Task details:
Return the data below exactly, but only from the line containing "pub connected : p'.connected ≡ 1" through the line containing "readable idx p w = socket_event_handler", with both of those lines included.

[[ Supplied data, beginning ]]

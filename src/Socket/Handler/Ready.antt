-- ===== src/Socket/Handler/Ready.antt =====
-- What a descriptor that is ready to be read leads to.
use lz_lib.Base.{ℕ, ◌≡◌, refl, Bool, true, false, List, [], ◌++◌, Run, ok}
use lz_lib.Base.Int.{ℤ, pos, negsuc, ltb_ℤ}
use lz_lib.Socket.Proto.{complete, Incoming, cleared, socket_proto_state_machine, proto_loop}
use lz_lib.Socket.Handler.Release.{Effect, Logs, released, err_part-released}
use lz_lib.Socket.Handler.{
  Private, Ops, socket_reset, socket_event_poll_err, socket_event_poll_in, out_part, in_part,
  err_part, socket_event_handler,
}

-- The transport is closed, and everything that waited in it is gone.
pub record Closed (p : Private) : Type 0 where
  pub sock : p.sock ≡ negsuc 0
  pub connected : p.connected ≡ 255
  pub incoming : p.incoming ≡ cleared
  pub ioq : p.ioq ≡ []

-- The transport is as before but for what comes in.
pub record Open (p p' : Private) : Type 0 where
  pub sock : p'.sock ≡ p.sock
  pub connected : p'.connected ≡ 1
  pub ioq : p'.ioq ≡ p.ioq

module _ {World : Type 0} (ops : Ops World) (little : Bool) (fuel : ℕ) where
  err_part-Closed :
      (ret : ℤ) (p : Private) (w : World)
      → ltb_ℤ ret (pos 0) ≡ true
      → Closed (err_part ops little fuel false ret p w).0
  unfolding err_part socket_event_poll_err socket_reset
  err_part-Closed ret p w e =
      rw e (record { sock = refl; connected = refl; incoming = refl; ioq = refl })

  -- POLLIN alone, on a connected transport
  abbrev readable : ℤ → Private → World → Run (Private × World)
  readable idx p w = socket_event_handler ops little fuel idx true false false p w

  readable_run :
      (idx : ℤ) (p : Private) (w : World) (ret : ℤ) (i : Incoming) (w' : World)
      → p.connected ≡ 1
      → socket_proto_state_machine ops.proto little fuel p.incoming w ≡ ok (ret, i, w')
      → readable idx p w
        ≡ ok (err_part ops little fuel false ret (record p { idx = idx; incoming = i }) w')
  unfolding socket_event_handler out_part in_part socket_event_poll_in
  readable_run idx p w ret i w' up run = rw (up, run) refl

  -- On a connected transport whose message is complete and not yet received, and with a log of the calls that give
  -- something back, a descriptor that is ready to be read makes `socket_event_handler` close the transport. It gives
  -- back, each once and in this order: of each entry that waits to be sent the reference to its buffers, its data and
  -- itself; the header data and the buffer of the message; the registration of the descriptor with the index of the
  -- call; the descriptor; and the reference to the transport. No message and no entry is left.
  pub socket_event_handler-Closed :
      (log : World → List Effect) (idx : ℤ) (p : Private) (w : World)
      → Logs ops log
      → p.connected ≡ 1
      → p.incoming.state ≡ complete
      → (p' : Private) × (w' : World) × (socket_event_handler ops little fuel idx true false false p
            w
          ≡ ok (p', w'))
        × Closed p'
        × (log w' ≡ log w ++ released (record p { idx = idx }))
  unfolding socket_proto_state_machine proto_loop
  socket_event_handler-Closed log idx p w laws up done =
      let q = record p { idx = idx } in
      let run = readable_run idx p w (negsuc 0) p.incoming w up (rw done refl) in
      let out = err_part ops little fuel false (negsuc 0) q w in
      (
        out.0,
        out.1,
        run,
        err_part-Closed (negsuc 0) q w refl,
        err_part-released ops little fuel log laws (negsuc 0) q w refl,
      )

[[ Supplied data, end ]]

Solution to this exercise:
  pub connected : p'.connected ≡ 1
  pub ioq : p'.ioq ≡ p.ioq

module _ {World : Type 0} (ops : Ops World) (little : Bool) (fuel : ℕ) where
  err_part-Closed :
      (ret : ℤ) (p : Private) (w : World)
      → ltb_ℤ ret (pos 0) ≡ true
      → Closed (err_part ops little fuel false ret p w).0
  unfolding err_part socket_event_poll_err socket_reset
  err_part-Closed ret p w e =
      rw e (record { sock = refl; connected = refl; incoming = refl; ioq = refl })

  -- POLLIN alone, on a connected transport
  abbrev readable : ℤ → Private → World → Run (Private × World)
  readable idx p w = socket_event_handler ops little fuel idx true false false p w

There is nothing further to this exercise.